RSS

Detroit Files for Bankruptcy

20 Jul

Today, Detroit.  Tomorrow, the U.S.?  (courtesy Google Images)

Today, Detroit. Tomorrow, the U.S.? (courtesy Google Images)

Detroit has been mismanaged and allowed its industrial based to wither over the past 2 or 3 decades.  As a result, we could see Detroit’s financial collapse coming for many years.  Although insolvency was resisted for several years, the inevitable arrived on Thursday when the City of Detroit filed for bankruptcy.

The amount of money Detroit actually owes is unclear but is believed to be between $18 and $20 billion.

The population of Detroit is now about 700,000.

If we divide the Detroit’s debt ($20 billion) by Detroit’s population (700,000) the result is a “fair share” of roughly $25,000 in city debt for every man, woman and child in Detroit.

This suggests that when a government’s debt reaches a “fair share” level of $25,000 per person, that government may be in trouble.

•  Like Detroit, the United States has been mismanaged and allowed its industrial based to wither over the past 2 or 3 decades.  As a result, we’ve been able to see a US financial collapse coming for many years.  That national bankruptcy has been successfully resisted for several years, so the inevitable has not yet arrived.

Still, it’s interesting to compare the US national debt to Detroit’s city debt.

According to the Obama administration, the US national debt is at least $17 trillion.  The population of the US is 310 million.  If we divide the national debt by the population, you’ll see that every American’s “fair share” of the national debt is about $55,000—about double the “fair share” of Detroit’s debt owed by each citizen of Detroit.

If Detroit’s debt of $25,000 per citizen was enough to put Detroit into bankruptcy, would the national debt of $55,000/person be enough to put the US into bankruptcy?

Probably not.  I recognize that the economic realities of the US are much stronger than those of Detroit.  Therefore, a national debt that was proportionally double the Detroit debt should not be enough to precipitate a national bankruptcy.

•  However, there’s great doubt as to whether the true size of the national debt is “only” $17 trillion.
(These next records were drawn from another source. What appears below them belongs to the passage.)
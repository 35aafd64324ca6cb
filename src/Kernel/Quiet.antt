-- ===== src/Kernel/Quiet.antt =====
-- The mutation of the stores leaves the commands alone, and the orphan event throws nothing.
use db_cluster.Prelude.{String, Bool, true, false, Option, none, some, List, [], ◌∷◌}
use db_cluster.Json.{Fields}
use db_cluster.Stores.{Host, IndexRecord}
use db_cluster.Kernel.Rules.{
  IsQuiet, call-IsQuiet, pure-IsQuiet, check-IsQuiet, throw_error-IsQuiet, bind-IsQuiet,
  catch-IsQuiet,
}
use db_cluster.Kernel.Recording.{record_provenance, staging, sweep_staged}
use db_cluster.Kernel.Arms.{
  remove_records, commit_update_entity, commit_create_entity, resolve_content, sweep_resolved,
  commit_ingest_artifact, must_exist, commit_link_evidence, perform_index_rebuild, commit_reindex,
}

module _ {W : Type 0} (host : Host W) where
  pub record_provenance-IsQuiet :
      (action actor subject store : String) (detail : Fields) (parent : Option String)
      → IsQuiet (record_provenance host action actor subject store detail parent)
  unfolding record_provenance
  record_provenance-IsQuiet action actor subject store detail parent = call-IsQuiet _

  remove_records-IsQuiet : (rs : List IndexRecord) → IsQuiet (remove_records host rs)
  unfolding remove_records
  remove_records-IsQuiet [] = pure-IsQuiet tt
  remove_records-IsQuiet (r ∷ rs) = bind-IsQuiet (call-IsQuiet _) (λ u. remove_records-IsQuiet rs)

  pub commit_update_entity-IsQuiet :
      (payload : Fields) → IsQuiet (commit_update_entity host payload)
  unfolding commit_update_entity
  commit_update_entity-IsQuiet payload = bind-IsQuiet (call-IsQuiet _) (λ prior.
      bind-IsQuiet (call-IsQuiet _) (λ events. bind-IsQuiet (check-IsQuiet _) (λ patch.
        bind-IsQuiet (call-IsQuiet _) (λ updated. bind-IsQuiet (call-IsQuiet _) (λ stale.
          bind-IsQuiet (remove_records-IsQuiet _)
            (λ u. bind-IsQuiet (call-IsQuiet _) (λ r. pure-IsQuiet _)))))))

  pub commit_create_entity-IsQuiet :
      (payload : Fields) → IsQuiet (commit_create_entity host payload)
  unfolding commit_create_entity
  commit_create_entity-IsQuiet payload =
      bind-IsQuiet (call-IsQuiet _) (λ entity. bind-IsQuiet (call-IsQuiet _) (λ r. pure-IsQuiet _))

  resolve_content-IsQuiet :
      (hash : Option String) (payload : Fields) → IsQuiet (resolve_content host hash payload)
  unfolding resolve_content
  resolve_content-IsQuiet (some hash) payload =
      bind-IsQuiet (call-IsQuiet _) (λ staged. check-IsQuiet _)
  resolve_content-IsQuiet none payload = check-IsQuiet _

  pub staging-IsQuiet : IsQuiet (staging host)
  unfolding staging
  staging-IsQuiet = record { quiet = λ cs s h. h }

  sweep_resolved-IsQuiet : (hash : Option String) → IsQuiet (sweep_resolved host hash)
  unfolding sweep_resolved sweep_staged
  sweep_resolved-IsQuiet none = pure-IsQuiet tt
  sweep_resolved-IsQuiet (some hash) = catch-IsQuiet (call-IsQuiet _) (λ e. pure-IsQuiet tt)

  pub commit_ingest_artifact-IsQuiet :
      (payload : Fields) → IsQuiet (commit_ingest_artifact host payload)
  unfolding commit_ingest_artifact
  commit_ingest_artifact-IsQuiet payload = bind-IsQuiet staging-IsQuiet (λ there.
      bind-IsQuiet (resolve_content-IsQuiet _ payload) (λ bytes.
        bind-IsQuiet (call-IsQuiet _) (λ artifact.
          bind-IsQuiet (call-IsQuiet _)
            (λ r. bind-IsQuiet (sweep_resolved-IsQuiet _) (λ u. pure-IsQuiet _)))))

  pub must_exist-IsQuiet :
      (store id : String) (there : Bool) → IsQuiet (must_exist host store id there)
  unfolding must_exist
  must_exist-IsQuiet store id true = pure-IsQuiet tt
  must_exist-IsQuiet store id false = throw_error-IsQuiet _

  pub commit_link_evidence-IsQuiet :
      (actor : String) (payload : Fields) → IsQuiet (commit_link_evidence host actor payload)
  unfolding commit_link_evidence
  commit_link_evidence-IsQuiet actor payload = bind-IsQuiet (call-IsQuiet _) (λ a.
      bind-IsQuiet (must_exist-IsQuiet _ _ a) (λ u. bind-IsQuiet (call-IsQuiet _) (λ e.
        bind-IsQuiet (must_exist-IsQuiet _ _ e)
          (λ v. bind-IsQuiet (record_provenance-IsQuiet _ _ _ _ _ _) (λ p. pure-IsQuiet _)))))

  pub perform_index_rebuild-IsQuiet : IsQuiet (perform_index_rebuild host)
  unfolding perform_index_rebuild
  perform_index_rebuild-IsQuiet = bind-IsQuiet (call-IsQuiet _) (λ es.
      bind-IsQuiet (call-IsQuiet _)
        (λ artifacts. bind-IsQuiet (call-IsQuiet _) (λ u. pure-IsQuiet _)))

  pub commit_reindex-IsQuiet : IsQuiet (commit_reindex host)
  unfolding commit_reindex
  commit_reindex-IsQuiet = bind-IsQuiet perform_index_rebuild-IsQuiet (λ n. pure-IsQuiet _)
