-- ===== src/Kernel/Committing.antt =====
-- What `commitMutation` leaves behind, whether it returns or throws.
use db_cluster.Prelude.{
  String, Bool, true, false, some, List, [], ◌∷◌, ◌≡◌, ◌⊎◌, refl, sym, ap, ◌∙◌, subst, inl, inr,
}
use db_cluster.Json.{str}
use db_cluster.Errors.{Error, ok, command_rejected, assert_actor}
use db_cluster.Commands.{
  Command, CommandVerb, update_entity, create_entity, ingest_artifact, link_evidence, reindex,
  propose_mutation, compensate, unknown, committed, rejected, compensated, is_committed,
  is_committable, mark_committed, mark_rejected, valid_transitions,
}
use db_cluster.Queue.{set_command, get_command}
use db_cluster.Stores.{Host}
use db_cluster.Kernel.Stored.{in_memory}
use db_cluster.Kernel.Action.{State, Action, draw, pure, throw_error}
use db_cluster.Kernel.Rules.{
  Holds, OnlyError, OnlyValue, IsQuiet, bind-Holds, catch-Holds, weaken-Holds, check-IsQuiet,
}
use db_cluster.Kernel.Recording.{assert_actor_text}
use db_cluster.Kernel.Arms.{Mutated, mutate_by, reject_verb}
use db_cluster.Kernel.Commit.{
  CommitMutationResult, orphan_detail, guard_committed, record_commit, conclude_commit,
  commit_ready, commit_found, commit_mutation,
}
use db_cluster.Kernel.Quiet.{
  record_provenance-IsQuiet, commit_update_entity-IsQuiet, commit_create_entity-IsQuiet,
  commit_ingest_artifact-IsQuiet, commit_link_evidence-IsQuiet, commit_reindex-IsQuiet,
}
use db_cluster.Kernel.Outcomes.{
  IsReceiptFailed, mark_committed-kept, IsEchoing, quiet-Holds, save_command-Holds, orphaned-Holds,
  emit_receipt-Holds, check-Holds, get_stored-found, either_way,
}

module _ {W : Type 0} (host : Host W) where
  -- the five verbs that `commitMutation` carries out
  abbrev pub is_mutation : CommandVerb → Bool
  is_mutation update_entity = true
  is_mutation create_entity = true
  is_mutation ingest_artifact = true
  is_mutation link_evidence = true
  is_mutation reindex = true
  is_mutation _ = false

  -- The verb is none of the five, and the command is stored as rejected.
  abbrev pub IsRejected : String → Command → List Command → Error → State W → Type 0
  IsRejected id c cs e t =
      (is_mutation c.verb ≡ false)
      × (d : Command) × (reason : String) × (d.id ≡ c.id)
      × (d.status ≡ rejected)
      × (e ≡ command_rejected id reason)
      × (t.commands ≡ in_memory (set_command cs d))

  -- The commands are as they were, or the verb is none of the five and the command is rejected.
  abbrev MutationError : String → Command → List Command → Error → State W → Type 0
  MutationError id c cs e t = (t.commands ≡ in_memory cs) ⊎ IsRejected id c cs e t

  reject_verb-Holds :
      (id actor : String) (c : Command) (cs : List Command) (s : State W)
      → is_mutation c.verb ≡ false
      → s.commands ≡ in_memory cs
      → Holds (OnlyValue (in_memory cs)) (MutationError id c cs) (reject_verb host id actor c s)
  unfolding reject_verb mark_rejected throw_error draw
  reject_verb-Holds id actor c cs s other h =
      bind-Holds (OnlyValue (in_memory cs)) (OnlyValue (in_memory cs)) (MutationError id c cs) _ _ s
        h
        (λ now t q.
          bind-Holds (OnlyValue (in_memory (set_command cs (mark_rejected now c actor _))))
            (OnlyValue (in_memory cs)) (MutationError id c cs) _ _ t
            (save_command-Holds host cs (mark_rejected now c actor _) (MutationError id c cs) t q)
            (λ u v r. inr (other, mark_rejected now c actor _, _, refl, refl, refl, r)))

  loud-Holds :
      {m : Action W Mutated} (id : String) (c : Command) (cs : List Command) (s : State W)
      → IsQuiet m
      → s.commands ≡ in_memory cs
      → Holds (OnlyValue (in_memory cs)) (MutationError id c cs) (m s)
  loud-Holds {m} id c cs s q h =
      weaken-Holds (OnlyValue (in_memory cs)) (OnlyValue (in_memory cs)) (OnlyError (in_memory cs))
        (MutationError id c cs) (m s) (q.quiet (in_memory cs) s h) (λ a t p. p) (λ e t p. inl p)

  mutate_by-Holds :
      (id actor : String) (c : Command) (verb : CommandVerb) (cs : List Command) (s : State W)
      → c.verb ≡ verb
      → s.commands ≡ in_memory cs
      → Holds (OnlyValue (in_memory cs)) (MutationError id c cs) (mutate_by host id actor c verb s)
  unfolding mutate_by
  mutate_by-Holds id actor c update_entity cs s e h =
      loud-Holds id c cs s (commit_update_entity-IsQuiet host c.payload) h
  mutate_by-Holds id actor c create_entity cs s e h =
      loud-Holds id c cs s (commit_create_entity-IsQuiet host c.payload) h
  mutate_by-Holds id actor c ingest_artifact cs s e h =
      loud-Holds id c cs s (commit_ingest_artifact-IsQuiet host c.payload) h
  mutate_by-Holds id actor c link_evidence cs s e h =
      loud-Holds id c cs s (commit_link_evidence-IsQuiet host actor c.payload) h
  mutate_by-Holds id actor c reindex cs s e h = loud-Holds id c cs s (commit_reindex-IsQuiet host) h
  mutate_by-Holds id actor c propose_mutation cs s e h =
      reject_verb-Holds id actor c cs s (ap is_mutation e) h
  mutate_by-Holds id actor c compensate cs s e h =
      reject_verb-Holds id actor c cs s (ap is_mutation e) h
  mutate_by-Holds id actor c (unknown text) cs s e h =
      reject_verb-Holds id actor c cs s (ap is_mutation e) h

  -- the result of a commit whose writes all landed
  abbrev Recorded : Command → List Command → CommitMutationResult → State W → Type 0
  Recorded done cs r t =
      (r.command ≡ done)
      × (r.receipt.command_id ≡ done.id)
      × (r.next_valid_actions ≡ compensated ∷ [])
      × (t.commands ≡ in_memory (set_command cs done))

  record_commit-Holds :
      IsEchoing host
      → (id actor : String) (c done : Command) (m : Mutated) (cs : List Command) (s : State W)
      → done.status ≡ committed
      → s.commands ≡ in_memory cs
      → Holds (Recorded done cs) (λ e t. Unit) (record_commit host id actor c done m s)
  unfolding record_commit guard_committed pure valid_transitions
  record_commit-Holds law id actor c done m cs s d h =
      let new = in_memory (set_command cs done) in
      bind-Holds (OnlyValue (in_memory cs)) (Recorded done cs) (λ e t. Unit) _ _ s
        (quiet-Holds host (in_memory cs) s (record_provenance-IsQuiet host _ _ _ _ _ _) h)
        (λ p t q.
          bind-Holds (OnlyValue new) (Recorded done cs) (λ e t. Unit) _ _ t
            (save_command-Holds host cs done (λ e t. Unit) t q)
            (λ u v r.
              bind-Holds (OnlyValue new) (Recorded done cs) (λ e t. Unit) _ _ v
                (rw (ap is_committed d) r)
                (λ u' v' r'.
                  bind-Holds (λ x t. (x.command_id ≡ done.id) × (t.commands ≡ new))
                    (Recorded done cs) (λ e t. Unit) _ _ v'
                    (emit_receipt-Holds host law new done _ _ _ v' r')
                    (λ x w y. (refl, y.0, ap valid_transitions d, y.1)))))

  -- A commit that returns: the command is committed by the actor and stored so, and the receipt is for
  -- it.
  abbrev pub IsCommitted : String → Command → List Command → CommitMutationResult → State W → Type 0
  IsCommitted actor c cs r t =
      ((now : String) × (mark_committed now c (some actor) ≡ ok r.command))
      × (r.receipt.command_id ≡ c.id)
      × (r.next_valid_actions ≡ compensated ∷ [])
      × (t.commands ≡ in_memory (set_command cs r.command))

  -- A commit that throws: `ReceiptFailedError` of the command, or no command is changed, or the verb is
  -- none of the five and the command is stored as rejected.
  abbrev pub IsFailed : String → Command → List Command → Error → State W → Type 0
  IsFailed id c cs e t =
      (t.commands ≡ in_memory cs) ⊎ (IsRejected id c cs e t ⊎ IsReceiptFailed id e)

  IsFailed-mutation :
      (id : String) (c : Command) (cs : List Command) (e : Error) (t : State W)
      → MutationError id c cs e t
      → IsFailed id c cs e t
  IsFailed-mutation id c cs e t (inl h) = inl h
  IsFailed-mutation id c cs e t (inr h) = inr (inl h)

  conclude_commit-Holds :
      IsEchoing host
      → (id actor now : String) (c done : Command) (m : Mutated) (cs : List Command) (s : State W)
      → mark_committed now c (some actor) ≡ ok done
      → s.commands ≡ in_memory cs
      → Holds (IsCommitted actor c cs) (IsFailed id c cs) (conclude_commit host id actor c done m s)
  unfolding conclude_commit
  conclude_commit-Holds law id actor now c done m cs s d h =
      let (same, status) = mark_committed-kept now c done (some actor) d in
      weaken-Holds (Recorded done cs) (IsCommitted actor c cs) (λ e t. IsReceiptFailed id e)
        (IsFailed id c cs) _
        (catch-Holds (Recorded done cs) (λ e t. Unit) (λ e t. IsReceiptFailed id e) _ _ s
          (record_commit-Holds law id actor c done m cs s status h)
          (λ e t q. orphaned-Holds host (Recorded done cs) _ _ id (orphan_detail actor c) e t))
        (λ r t (is_done, receipt, next, stored). (
          (now, d ∙ ap ok (sym is_done)),
          receipt ∙ same,
          next,
          stored ∙ ap (λ x. in_memory (set_command cs x)) (sym is_done),
        ))
        (λ e t q. inr (inr q))

  commit_ready-Holds :
      IsEchoing host
      → (id actor : String) (c : Command) (cs : List Command) (s : State W)
      → s.commands ≡ in_memory cs
      → Holds (IsCommitted actor c cs) (IsFailed id c cs) (commit_ready host id actor c s)
  unfolding commit_ready draw
  commit_ready-Holds law id actor c cs s h =
      let P = IsCommitted actor c cs in
      let E = IsFailed id c cs in
      bind-Holds (OnlyValue (in_memory cs)) P E _ _ s
        (weaken-Holds (OnlyValue (in_memory cs)) (OnlyValue (in_memory cs)) (MutationError id c cs)
          E _ (mutate_by-Holds id actor c c.verb cs s refl h) (λ m t q. q)
          (IsFailed-mutation id c cs))
        (λ m t q. bind-Holds (OnlyValue (in_memory cs)) P E _ _ t q (λ now u v.
          bind-Holds
            (λ d w. (mark_committed now c (some actor) ≡ ok d) × (w.commands ≡ in_memory cs)) P E _
            _ u
            (weaken-Holds
              (λ d w. (mark_committed now c (some actor) ≡ ok d) × (w.commands ≡ in_memory cs))
              (λ d w. (mark_committed now c (some actor) ≡ ok d) × (w.commands ≡ in_memory cs))
              (OnlyError (in_memory cs)) E _
              (check-Holds host (mark_committed now c (some actor)) (in_memory cs) u v) (λ d w x. x)
              (λ e w x. inl x))
            (λ d w x. conclude_commit-Holds law id actor now c d m cs w x.0 x.1)))

  commit_found-Holds :
      IsEchoing host
      → (id actor : String) (c : Command) (cs : List Command) (s : State W)
      → s.commands ≡ in_memory cs
      → Holds (IsCommitted actor c cs) (IsFailed id c cs) (commit_found host id actor (some c) s)
  unfolding commit_found throw_error
  commit_found-Holds law id actor c cs s h =
      either_way host (IsCommitted actor c cs) (IsFailed id c cs) (is_committable c.status) _ _ s
        (commit_ready-Holds law id actor c cs s h) (inl h)

  -- Over commands in memory, and with a ledger whose receipts name the command they are for,
  -- `commitMutation` of a command that is there either returns, and then the command was committable, is
  -- stored as committed by the actor and the receipt names it; or it throws, and then no command is
  -- changed, or the error is the `ReceiptFailedError` of the command, or the verb is not one of the five
  -- and the command is stored as rejected.
  pub commit_mutation-Holds :
      IsEchoing host
      → (id actor : String) (c : Command) (cs : List Command) (s : State W)
      → get_command cs id ≡ some c
      → s.commands ≡ in_memory cs
      → Holds (IsCommitted actor c cs) (IsFailed id c cs) (commit_mutation host id actor s)
  unfolding commit_mutation assert_actor_text
  commit_mutation-Holds law id actor c cs s e h =
      let P = IsCommitted actor c cs in
      let E = IsFailed id c cs in
      bind-Holds (OnlyValue (in_memory cs)) P E _ _ s
        (weaken-Holds (OnlyValue (in_memory cs)) (OnlyValue (in_memory cs))
          (OnlyError (in_memory cs)) E _
          ((check-IsQuiet (assert_actor "actorId" (some (str actor)))).quiet (in_memory cs) s h)
          (λ u t q. q) (λ x t q. inl q))
        (λ u t q.
          bind-Holds (λ found v. (found ≡ some c) × (v.commands ≡ in_memory cs)) P E _ _ t
            (get_stored-found host id cs c E t e q)
            (λ found v x.
              subst (λ o. Holds P E (commit_found host id actor o v)) (sym x.0)
                (commit_found-Holds law id actor c cs v x.1)))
For example, John Williams (shadowstats.com) calculates the real national debt is not $17 trillion but is actually about $85 trillion.  If we divide Williams’ calculation by the 310 million population, each American’s “fair share” of the national debt is $275,000—about eleven times greater than each Detroit citizen’s “fair share” of the city debt.

Admittedly, a national debt that’s proportionally twice as great as Detroit’s shouldn’t be enough to precipitate a national bankruptcy.  But, could a national debt that was proportionally eleven times greater than Detroit’s cause national bankruptcy?  I think the answer could be Yes.

•  The Congressional Budget Office has calculated that, including unfunded liabilities, the national debt is about $202 trillion.  Divide that number by our 310 million population, and each American’s “fair share” of the national debt is $650,000.  That’s about twenty-six times the size of each Detroit citizen’s “fair share” of Detroit’s debt.

Given that comparison, can a national bankruptcy be avoided?

I don’t see how.

Yes, the economic condition of the US is fundamentally stronger than that of Detroit.  But is it twenty-six times stronger?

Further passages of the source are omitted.